Roku earnings: What to expect

Roku Inc.’s stock was getting punished Thursday after the streaming-media company’s latest forecast sparked fears about the fate of streaming advertising in an uncertain economic environment.

Shares were off more than 20% in premarket trading Thursday, a move that D.A. Davidson analyst Tom Forte attributed to the company’s weaker-than-expected outlook. He brought his price target on the stock down to $80 from $130 after Roku’s report, which contained a forecast for $800 million in holiday-quarter revenue, below the consensus view by nearly $100 million.

Other analysts also brought down their price targets on shares of Roku as they mused about whether the current advertising landscape was as troubled as the company’s outlook would imply. Sometimes weak forecasts are viewed by Wall Street as conservative, and the key debate Thursday was whether that was true in Roku’s current case.

Also read: Netflix and Disney+ Are About to Get Ads. Roku Has Bad News for Them.

The latest report, “especially against some recent commentary from other industry players and a relatively healthy [third-quarter report], begs the question if Roku’s mgmt. team is baking in unusually high conservatism or if Roku’s business model (and value prop) is structurally impaired,” wrote Evercore ISI analysts led by Shweta Khajuria. “We believe it is some of the former, and very little of the latter.”

Still, Khajuria and the Evercore team kept their equal-weight rating on the stock as they reduced their price target to $55 from $75.

“We downgraded Roku shares in July with the thesis that the business wasn’t broken in our view, but the macro headwinds were just too severe for the company, with no near-to-mid-term catalyst, and ongoing elevated levels of [operating expense] spend,” they wrote. After the latest report, “this remains our view.”

Now read: As subscription prices rise, here’s what’s worth streaming in November 2022: ‘The Crown,’ ‘Willow,’ ‘Mythic Quest’ and more

Wells Fargo’s Steven Cahall also weighed in on the implications of the forecast.

“We don’t think it was setting a low bar, but rather visibility in the TV scatter [which represents ads bought during the quarter] has decreased as recession behaviors have picked up with advertisers,” he wrote in a note to clients. “Headwinds in the scatter market continue to worsen, we think visibility on [the fourth quarter] is now low and while ROKU garnered some ~[$1 billion] in upfront commitments we think terms are squishier vs TV networks.”

He reduced his price target to $45 from $64 while maintaining an equal-weight rating.
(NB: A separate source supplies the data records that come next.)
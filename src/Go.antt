-- ===== src/Go.antt =====
-- The functions of Go's strings, strconv, net and os packages that the program calls.
pub mod Fields
pub mod Decimal
pub mod Address
pub mod Files
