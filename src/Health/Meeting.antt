-- ===== src/Health/Meeting.antt =====
-- Whether the probe asks at the port that the engine serves on.
use goxo.Base.{
  ℕ, zero, suc, ◌+◌, ◌/◌, ◌%◌, ◌^◌, ◌<◌, ◌≡◌, ◌≢◌, refl, ap, sym, ◌∙◌, ◌⊎◌, ◌↔◌, inl, inr, arith,
  false, none, some, [], ◌∷◌, ◌++◌, Bool-cases, nat_eq, if◌then◌else◌, ◌==◌, ==_iff,
}
use mathlib.Core.List.{append_assoc}
use goxo.Base.Int.{pos}
use goxo.Base.Text.{Str, str_Eq, bytes}
use goxo.Go.Decimal.{digits, itoa, atoi, atoi-itoa}
use goxo.Go.Address.{has_byte, join_host_port}
use goxo.Settings.{Settings}
use goxo.Health.{health_addr, port, probe_addr}

-- What stands behind the last colon of an address.
abbrev pub after_colon : Str → Str → Str
after_colon found [] = found
after_colon found (c ∷ s) = after_colon (if nat_eq c b':' then s else found) s

abbrev pub port_of : Str → Str
port_of addr = after_colon [] addr

after_colon-none : (found s : Str) → has_byte b':' s ≡ false → after_colon found s ≡ found
unfolding has_byte
after_colon-none found [] h = refl
after_colon-none found (c ∷ s) h = ground (arith, after_colon-none found s)

after_colon-append :
    (found s p : Str) → has_byte b':' p ≡ false → after_colon found (s ++ (b':' ∷ p)) ≡ p
after_colon-append found [] p h = after_colon-none p p h
after_colon-append found (c ∷ s) p h =
    after_colon-append (if nat_eq c b':' then s ++ (b':' ∷ p) else found) s p h

-- The port of a joined address.
port_of-join_host_port :
    (host p : Str) → has_byte b':' p ≡ false → port_of (join_host_port host p) ≡ p
unfolding join_host_port
port_of-join_host_port host p h = elim (Bool-cases (has_byte b':' host)) [
  | inl e ↦
      rw (e, join_host_port)
        (ap (after_colon []) (sym (append_assoc host (b']' ∷ []) (b':' ∷ p)))
          ∙ after_colon-append [] (host ++ (b']' ∷ [])) p h)
  | inr e ↦ rw (e, join_host_port) (after_colon-append [] host p h)
]

has_byte-digits : (f n : ℕ) (out : Str) → n < f → has_byte b':' (digits f n out) ≡ has_byte b':' out
unfolding has_byte digits
has_byte-digits zero n out h = absurd (omega arith)
has_byte-digits (suc f) n out h = ground (arith, has_byte-digits f (n / 10) ((b'0' + n % 10) ∷ out))

has_byte-itoa : (n : ℕ) → has_byte b':' (itoa n) ≡ false
unfolding itoa has_byte
has_byte-itoa n = has_byte-digits (suc n) n [] (omega arith)

itoa_injective : (n m : ℕ) → n < 2 ^ 63 → m < 2 ^ 63 → itoa n ≡ itoa m → n ≡ m
itoa_injective n m hn hm e =
    let same : some (pos n) ≡ some (pos m) = sym (atoi-itoa n hn) ∙ ap atoi e ∙ atoi-itoa m hm in
    ground (arith, same)

itoa-ne-nil : (n : ℕ) → n < 2 ^ 63 → itoa n ≢ []
unfolding atoi
itoa-ne-nil n h e = let same : some (pos n) ≡ none = sym (atoi-itoa n h) ∙ ap atoi e in cc same

-- The port that the probe's variable names: a decimal number, or 5000 where it is not set.
abbrev pub Names : (Str → Str) → ℕ → Type 0
Names env n =
    ((env (bytes "HEALTHCHECK_PORT") ≡ []) × (n ≡ 5000)) ⊎ (env (bytes "HEALTHCHECK_PORT") ≡ itoa n)

port-Names : (env : Str → Str) (n : ℕ) → n < 2 ^ 63 → Names env n → port env ≡ itoa n
unfolding port
port-Names env n small (inl (unset, e)) = rw (unset, e) (unfold itoa in refl)
port-Names env n small (inr e) =
    ground (arith, e, itoa-ne-nil n small, ==_iff (env (bytes "HEALTHCHECK_PORT")) [])

-- The port that the settings name; 0 stands for 5000.
abbrev pub served_port : Settings → ℕ
served_port s = if nat_eq s.healthcheck_port 0 then 5000 else s.healthcheck_port

-- The probe asks at the port that the engine serves on exactly where its variable names the port of
-- the settings, 5000 being the default on both sides. (The port of an address is what stands behind
-- its last colon.)
pub probe_addr-health_addr :
    (env : Str → Str) (s : Settings) (n : ℕ)
    → n < 2 ^ 63
    → s.healthcheck_port < 2 ^ 32
    → Names env n
    → (port_of (probe_addr env) ≡ port_of (health_addr s)) ↔ (n ≡ served_port s)
unfolding probe_addr health_addr
probe_addr-health_addr env s n small small' named =
    let asked : port_of (probe_addr env) ≡ itoa n =
      ap (λ p. port_of (join_host_port (bytes "127.0.0.1") p)) (port-Names env n small named)
      ∙ port_of-join_host_port (bytes "127.0.0.1") (itoa n) (has_byte-itoa n) in
    let served : port_of (health_addr s) ≡ itoa (served_port s) =
      port_of-join_host_port
        (if s.healthcheck_host == [] then bytes "0.0.0.0" else s.healthcheck_host)
        (itoa (served_port s)) (has_byte-itoa (served_port s)) in
    (
      λ e. itoa_injective n (served_port s) small (ground arith) (sym asked ∙ e ∙ served),
      λ e. asked ∙ ap itoa e ∙ sym served,
    )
Roku executives cautioned in their shareholder letter that they expected “the macro environment to further pressure consumer discretionary spend and degrade advertising budgets, especially in the TV scatter market.”

Roku’s streaming stick.

Chief Executive Anthony Wood added on the earnings call that while “the holiday season is typically the strongest period for a lot of companies, including Roku,” companies “are pulling back their ad budgets because they’re uncertain if there will be a recession or not, and so a lot of [fourth-quarter] ad campaigns are being canceled.”
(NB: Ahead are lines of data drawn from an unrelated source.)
-- ===== src/Health/Probing.antt =====
-- The probe against the server.
use goxo.Base.{
  ℕ, ◌^◌, ◌<◌, ◌≡◌, ◌≢◌, refl, ap, ◌∙◌, ◌⊎◌, ◌↔◌, inl, inr, arith, [], ◌++◌, Result, ok, err,
  nat_eq, Bool-cases,
}
use goxo.Base.Text.{Str, bytes}
use goxo.Settings.{Settings}
use goxo.Go.Address.{join_host_port}
use goxo.Health.{health_addr, port, probe_addr, probe, respond}
use goxo.Health.Meeting.{port_of, Names, served_port, probe_addr-health_addr}

-- A host whose listener takes connections to 127.0.0.1: none, which stands for all, all, or just it.
abbrev pub Loopback : Str → Type 0
Loopback host = (host ≡ []) ⊎ (host ≡ bytes "0.0.0.0") ⊎ (host ≡ bytes "127.0.0.1")

abbrev pub local_url : Str → Str
local_url p = bytes "http://" ++ (join_host_port (bytes "127.0.0.1") p ++ bytes "/status")

-- The machine of the engine and the probe, on which nobody else listens: where the engine's listener
-- takes connections to 127.0.0.1, a GET of /status there, at the port that it is bound to, gets its
-- answer; at any other port nobody answers.
pub record Hosts (get : Str → Result Str ℕ) (s : Settings) : Type 0 where
  pub here :
      (p : Str)
      → Loopback s.healthcheck_host
      → port_of (join_host_port (bytes "127.0.0.1") p) ≡ port_of (health_addr s)
      → get (local_url p) ≡ ok (respond (bytes "GET") (bytes "/status")).status
  pub elsewhere :
      (p : Str)
      → port_of (join_host_port (bytes "127.0.0.1") p) ≢ port_of (health_addr s)
      → (e : Str) × (get (local_url p) ≡ err e)

-- On a machine where only the engine listens, and its listener takes connections to 127.0.0.1 (the
-- settings' host is empty, 0.0.0.0 or 127.0.0.1), the probe exits with 0 exactly where its variable
-- names the port of the settings, 5000 being the default on both sides. (The port of an address is
-- what stands behind its last colon.)
pub probe_iff :
    (env : Str → Str) (s : Settings) (n : ℕ) (get : Str → Result Str ℕ)
    → n < 2 ^ 63
    → s.healthcheck_port < 2 ^ 32
    → Names env n
    → Loopback s.healthcheck_host
    → Hosts get s
    → (probe get (probe_addr env) ≡ 0) ↔ (n ≡ served_port s)
unfolding probe probe_addr
probe_iff env s n get small small' named local host =
    let meets = probe_addr-health_addr env s n small small' named in
    (
      λ h. elim (Bool-cases (nat_eq n (served_port s))) [
        | inl e ↦ ground (arith, e)
        | inr e ↦
            let apart : port_of (join_host_port (bytes "127.0.0.1") (port env))
                ≢ port_of (health_addr s) =
              λ q. ground (arith, e, meets.0 q) in
            let (x, failed) = host.elsewhere (port env) apart in absurd (ground (arith, h, failed))
      ],
      λ e.
          let answered = host.here (port env) local (meets.1 e) in
          let fine : (respond (bytes "GET") (bytes "/status")).status ≡ 200 =
            unfold respond in refl in
          ground (arith, answered ∙ ap ok fine),
    )
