-- ===== src/Overlay.antt =====
-- main.go: the environment over the configuration file. os.Getenv is a function, with the empty
-- string for a variable that is not set.
pub mod Laws
use goxo.Base.{
  Option, none, some, List, [], ◌∷◌, Result, ok, err, ◌>>=◌, map_err, if◌then◌else◌, ◌==◌,
}
use goxo.Base.Int.{ℤ}
use goxo.Base.Text.{Str, str_Eq, bytes}
use goxo.Go.Fields.{fields}
use goxo.Go.Decimal.{atoi}
use goxo.Go.Files.{FileError, not_exist}
use goxo.Config.{Config, Yaml, LoadError, read, default, load}
use goxo.Engine.Assembly.{Params}

abbrev pub Env : Type 0
Env = Str → Str

-- config.DefaultPath
abbrev pub default_path : Str
default_path = bytes "/goxo.yaml"

unfoldable pub handler_or : Env → Str → List Str → List Str
handler_or env key fallback = if env key == [] then fallback else fields (env key)

unfoldable pub env_or : Env → Str → Str → Str
env_or env key fallback = if env key == [] then fallback else env key

unfoldable pub duration_or : (Str → Result Str ℤ) → Env → Str → ℤ → ℤ
duration_or parse_duration env key fallback =
    if env key == []
    then fallback
    else elim (parse_duration (env key)) [ ok d ↦ d | err _ ↦ fallback ]

unfoldable pub int_or : Env → Str → ℤ → ℤ
int_or env key fallback =
    if env key == [] then fallback else elim (atoi (env key)) [ none ↦ fallback | some n ↦ n ]

-- `errors.Is(err, os.ErrNotExist)` on what Load returned.
unfoldable pub or_default : Result LoadError Config → Result LoadError Config
or_default (ok c) = ok c
or_default (err (read path not_exist)) = ok default
or_default (err e) = err e

module _ (y : Yaml) (parse_duration : Str → Result Str ℤ) where
  unfoldable pub load_config : Env → (Str → Result FileError Str) → Result LoadError Config
  unfolding or_default
  load_config env read_file =
      let path = env (bytes "GOXO_CONFIG") in
      if path == []
      then or_default (load y parse_duration read_file default_path)
      else load y parse_duration read_file path

-- The Params that run hands to the engine.
unfoldable pub params : (Str → Result Str ℤ) → Env → Config → Params
unfolding handler_or env_or duration_or int_or
params parse_duration env c = record {
  handler = handler_or env (bytes "GOXO_HANDLER") c.handler;
  fdset_path = env_or env (bytes "GOXO_FDSET") c.fdset;
  universe = env (bytes "UNIVERSE");
  timeout = duration_or parse_duration env (bytes "GOXO_HANDLER_TIMEOUT") c.handler_timeout;
  pool_size = int_or env (bytes "GOXO_POOL_SIZE") c.worker_pool_size;
  worker_cap = int_or env (bytes "GOXO_WORKER_CAP") c.worker_queue_size;
  shutdown_grace =
      duration_or parse_duration env (bytes "GOXO_SHUTDOWN_GRACE") c.worker_shutdown_grace;
}
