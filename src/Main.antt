-- ===== src/Main.antt =====
-- main.go: run and main, from the environment and the files to the exit code.
pub mod Exits
use goxo.Base.{ℕ, Option, none, some, List, [], Result, ok, err}
use goxo.Base.Int.{ℤ}
use goxo.Base.Text.{Str, bytes}
use goxo.Go.Files.{FileError}
use goxo.Codec.{Protobuf}
use goxo.Config
use goxo.Config.{Yaml}
use goxo.Settings
use goxo.Settings.{Settings, Proto}
use goxo.Manifest
use goxo.Manifest.{Manifest}
use goxo.Overlay.{Env, env_or, load_config, params}
use goxo.Engine.Assembly.{Params}
use goxo.Engine.Running
use goxo.Engine.Running.{Event, RunError, Exit, World, load_codec}

-- What the program runs on: the libraries, the files, the environment, and what the engine meets.
-- `embedded` is the descriptor set that is compiled in.
pub record Machine : Type 1 where
  pub yaml : Yaml
  pub parse_duration : Str → Result Str ℤ
  pub unmarshal_manifest : Str → Result Str Manifest.Wire
  pub proto : Proto
  pub embedded : Str
  pub protobuf : Protobuf
  pub read_file : Str → Result FileError Str
  pub env : Env
  pub world : World

pub data MainError : Type 0 where
  settings : Settings.LoadError → MainError
  manifest : Manifest.LoadError → MainError
  config : Config.LoadError → MainError
  engine : RunError → MainError

-- run has returned, or the engine goes on.
pub data MainExit : Type 0 where
  returned : Option MainError → MainExit
  running : MainExit

unfoldable pub engine_exit : Exit → MainExit
engine_exit (Exit.returned none) = returned none
engine_exit (Exit.returned (some e)) = returned (some (engine e))
engine_exit Exit.running = running

module _ (k : Machine) where
  unfoldable pub load_settings : Result Settings.LoadError Settings
  load_settings =
      (Settings.load k.proto k.embedded k.read_file
        (env_or k.env (bytes "OXO_SETTINGS_PATH") Settings.default_path)
        (Settings.fresh_once k.proto)).1

  unfoldable pub load_manifest : Result Manifest.LoadError Manifest
  load_manifest =
      Manifest.load k.unmarshal_manifest k.read_file
        (env_or k.env (bytes "OXO_DEFINITION_PATH") Manifest.default_path)

  unfoldable pub engine_params : Config.Config → Params
  engine_params c = params k.parse_duration k.env c

  -- engine.Run, called with what was loaded.
  unfoldable pub run_engine : Settings → Manifest → Config.Config → List Event × Exit
  unfolding engine_params
  run_engine s m c =
      Running.run k.world (load_codec k.protobuf k.read_file (engine_params c).fdset_path) m s
        (engine_params c)

  unfoldable pub run : List Event × MainExit
  unfolding load_settings load_manifest run_engine engine_exit
  run = elim load_settings [
    | err e ↦ ([], returned (some (settings e)))
    | ok s ↦ elim load_manifest [
      | err e ↦ ([], returned (some (manifest e)))
      | ok m ↦ elim (load_config k.yaml k.parse_duration k.env k.read_file) [
        | err e ↦ ([], returned (some (config e)))
        | ok c ↦ let (events, exit) = run_engine s m c in (events, engine_exit exit)
      ]
    ]
  ]

-- main: the exit code, once run has returned.
unfoldable pub exit_code : MainExit → Option ℕ
exit_code (returned none) = some 0
exit_code (returned (some e)) = some 1
exit_code running = none

unfoldable pub main : Machine → Option ℕ
unfolding run exit_code
main k = exit_code (run k).1
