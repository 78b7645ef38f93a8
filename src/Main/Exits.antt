-- ===== src/Main/Exits.antt =====
-- When the program ends well.
use goxo.Base.{
  ◌≡◌, ◌≢◌, refl, sym, ◌∙◌, ◌⊎◌, ◌↔◌, inl, inr, arith, none, some, [], ok, Result-cases,
}
use goxo.Bus.Transport.{cancelled, consume}
use goxo.Config.{Config}
use goxo.Settings.{Settings}
use goxo.Manifest.{Manifest}
use goxo.Overlay.{load_config}
use goxo.Engine.Assembly.{in_selectors, bus_config}
use goxo.Engine.Running.{Exit, load_codec}
use goxo.Engine.Release.{SetUp, run_clean_iff}
use goxo.Main.{
  Machine, load_settings, load_manifest, engine_params, run_engine, engine_exit, run, exit_code,
  main,
}

engine_exit_clean : (x : Exit) → (exit_code (engine_exit x) ≡ some 0) ↔ (x ≡ Exit.returned none)
unfolding exit_code engine_exit
engine_exit_clean (Exit.returned none) = (λ _. refl, λ _. refl)
engine_exit_clean (Exit.returned (some e)) = ground arith
engine_exit_clean Exit.running = ground arith

-- What the three files hold, where they load.
pub record Loads (k : Machine) (s : Settings) (m : Manifest) (c : Config) : Type 0 where
  pub settings : load_settings k ≡ ok s
  pub manifest : load_manifest k ≡ ok m
  pub config : load_config k.yaml k.parse_duration k.env k.read_file ≡ ok c

loaded_main :
    (k : Machine) (s : Settings) (m : Manifest) (c : Config)
    → Loads k s m c
    → main k ≡ exit_code (engine_exit (run_engine k s m c).1)
unfolding main
loaded_main k s m c l = rw (l.settings, run) (rw (l.manifest) (rw (l.config) refl))

main-Loads :
    (k : Machine) → main k ≡ some 0 → (s : Settings) × (m : Manifest) × (c : Config) × Loads k s m c
unfolding main
main-Loads k h = elim (Result-cases (load_settings k)) [
  | inr (e, q) ↦ absurd (ground (arith, h, q))
  | inl (s, q) ↦ elim (Result-cases (load_manifest k)) [
    | inr (e, q') ↦ absurd (ground (arith, h, q, q'))
    | inl (m, q') ↦ elim (Result-cases (load_config k.yaml k.parse_duration k.env k.read_file)) [
      | inr (e, q'') ↦ absurd (ground (arith, h, q, q', q''))
      | inl (c, q'') ↦ (s, m, c, record { settings = q; manifest = q'; config = q'' })
    ]
  ]
]

-- The program exits with 0 exactly when the settings, the agent definition and the configuration
-- load, the engine finds all that it needs (a name, a handler, a descriptor set that loads, arguments
-- that decode, a bus that connects and an address to listen on), and then the agent has no input
-- selectors, or the consumer was ended by the cancelled context.
pub main_clean_iff :
    (k : Machine)
    → (main k ≡ some 0) ↔ (
        (s : Settings) × (m : Manifest) × (c : Config) × Loads k s m c
        × SetUp k.world
            (load_codec k.protobuf k.read_file (engine_params k c).fdset_path)
            m
            s
            (engine_params k c)
        × ((in_selectors s m ≡ [])
            ⊎ ((in_selectors s m ≢ [])
                × ((consume k.world.answer
                      (bus_config m s (engine_params k c))
                      k.world.handle
                      k.world.arriving).1
                    ≡ some cancelled))))
unfolding run_engine
main_clean_iff k = (
  λ h.
      let (s, m, c, l) = main-Loads k h in
      let ended = (engine_exit_clean (run_engine k s m c).1).0 (sym (loaded_main k s m c l) ∙ h) in
      let (up, last) = (run_clean_iff k.world _ m s (engine_params k c)).0 ended in
      (s, m, c, l, up, last),
  λ (s, m, c, l, up, last).
      loaded_main k s m c l
      ∙ (engine_exit_clean (run_engine k s m c).1).1
          ((run_clean_iff k.world _ m s (engine_params k c)).1 (up, last)),
)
Analysts at Raymond James wrote that they continued to like Roku’s long-term opportunities in areas like international expansion, but they “expect macro headwinds to impact Roku through the remainder of 2022 and potentially into 2023.”

They have a market-perform rating on the stock.

Also read: How the top streaming-plan prices compare as Netflix launches cheaper, ad-supported tier

Despite Roku’s projection for a rockier holiday quarter than usual, some bulls held strong.

Over at JPMorgan, analysts led by Cory Carpenter said they didn’t view a weak TV scatter market, which refers to advertising sold closer to the programming air date rather than in advance, to be “thesis changing.”

They deem the ongoing shift to streaming and away from linear media as “strong” and seemed to join the camp of analysts seeing some conservatism in the forecast.

Since the fourth quarter is heavily weighted toward the back end, they offered that Roku’s outlook “reflects more of [management’s] pessimistic view on the holiday season than current trends.” Put another way, “the guide reflects an expectation that macro further deteriorates through the [quarter],” they said. 

“This could ultimately be correct, but Roku’s macro outlook seems more negative than what we’ve heard from many other advertisers,” the JPMorgan team added.

They maintained their overweight rating but lowered their price target to $75 a share from $100 a share.